[1] Let $f$ be non negative and $\int_\Omega fd\mu$ is finite then f is finite valued almost everywhere.
[2]Let $E_1=(-\infty,-2) \bigcup (2,\infty)$ $E_2=(-\infty,-3)\bigcup(3,\infty)$ and $E_3=(-4,4)$
Define $F=\chi_E -\chi_E + \chi_E $( ie.$E_1-E_2+E_3)$
Then prove that $\int_\Omega fd\mu$ exists although $\mu(E_1)-\mu(E_2)+\mu(E_3)$ is undefined
Note here that $\Omega= \mathbb{R} , \Sigma=$ Borel class, $\mu$ is the lebesgue measure on $\Sigma$
Everything is as defined in the H.L ROyden
MY ATTEMPT
[1] First I write $ A=(x \in \Omega: f(x) =\infty) $ and suppose $ \mu (A)>0$
For each $n \geq0$ the function $n.\chi_A$ is a simple function satisfying $0\leq n. \chi_A\leq f$
Hence $0\leq n. \chi_A=\int_\Omega n.\chi_A \leq \int_\Omega fd\mu$ for each $n\geq0$
This implies that $\int_\Omega fd\mu =\infty$
Is this correct for part one?
[2]Also for part two do I have to find the union of all and then integrate? I'm not sure exactly how to proceed.

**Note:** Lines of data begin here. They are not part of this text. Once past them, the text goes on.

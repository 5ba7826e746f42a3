-- ===== src/Event/Passing.antt =====
-- src/runtime/vm_event.c: a task without a handler, which passes an outcome on.
use cscript.Prelude.{
  ℕ, ◌<◌, ◌≡◌, refl, ap, ◌∙◌, Bool, true, false, length, Option, none, some, inl, inr, Bool-cases,
}
use cscript.Value.{Value}
use cscript.Event.{
  State, fulfilled, rejected, Microtask, World, Machine, promise, is_pending, as_promise, settle,
  fulfill,
}
use cscript.Event.Onward.{settle-Settles}
use cscript.Event.Runs.{ran, broke, run_by, is_missing, pass_by, settle_result}

-- A task that passes an outcome to promise `p`: no fiber, no combinator, no handler, and an outcome
-- that is not a promise.
pub record Passes (m : Machine) (p : ℕ) (t : Microtask) : Type 0 where
  pub no_fiber : t.fiber ≡ none
  pub no_combine : t.combine_state ≡ none
  pub no_handler : is_missing t.callback ≡ true
  pub to : t.result ≡ some p
  pub flat : as_promise m t.argument ≡ none

settle-settled :
    (p : ℕ) (st : State) (v : Value) (w : World)
    → p < length w.promises
    → is_pending st ≡ false
    → is_pending (promise (settle p st v w) p).state ≡ false
unfolding settle
settle-settled p st v w h f = elim (Bool-cases (is_pending (promise w p).state)) [
  | inl e ↦ ap is_pending ((settle-Settles p st v w h e).state) ∙ f
  | inr e ↦ rw e e
]

pub settle_result-settled :
    (m : Machine) (p : ℕ) (b : Bool) (v : Value) (w : World)
    → p < length w.promises
    → as_promise m v ≡ none
    → is_pending (promise (settle_result m (some p) b v w) p).state ≡ false
unfolding fulfill
settle_result-settled m p true v w h f = settle-settled p rejected v w h refl
settle_result-settled m p false v w h f = elim (Bool-cases (is_pending (promise w p).state)) [
  | inl e ↦ rw (e, f) (settle-settled p fulfilled v w h refl)
  | inr e ↦ rw e e
]

pub broke≢ran : {a b : World} → broke a ≡ ran b → ⊥
broke≢ran h = cc

pub run_by-passes :
    (m : Machine) (t : Microtask) (f c : Option ℕ) (w : World)
    → f ≡ none
    → c ≡ none
    → is_missing t.callback ≡ true
    → run_by m t f c w ≡ ran (pass_by m t.extra_hops t w)
run_by-passes m t f c w e g h = rw (e, g, h) refl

The measure of an interval is it's length but I don't see how I can find the length of an open interval from infinity. There exits an infinite amount of open intervals and there are so many open covers.
What is the thinking behind beginning this question?
[1] correct (except what is remarked by @francescop21 in a comment).
[2]
I preassume that you forgot the indices and meant: $f=\chi_{E_1}-\chi_{E_2}+\chi_{E_3}$.
If so then note that $\chi_{E_1}-\chi_{E_2}=\chi_{[-3,-2)}+\chi_{(2,3]}$ so that $f=\chi_{[-3,-2)}+\chi_{(2,3]}+\chi_{(-4,4)}$ which is a nonnegative measurable function.
That is enough for the existence of $\int fd\mu$.
If moreover $\mu$ is the Lebesguemeasure then $f$ is also integrable with:$$\int fd\mu=\lambda([-3,-2))+\lambda((-2,-3])+\lambda((-4,4))=1+1+8=10$$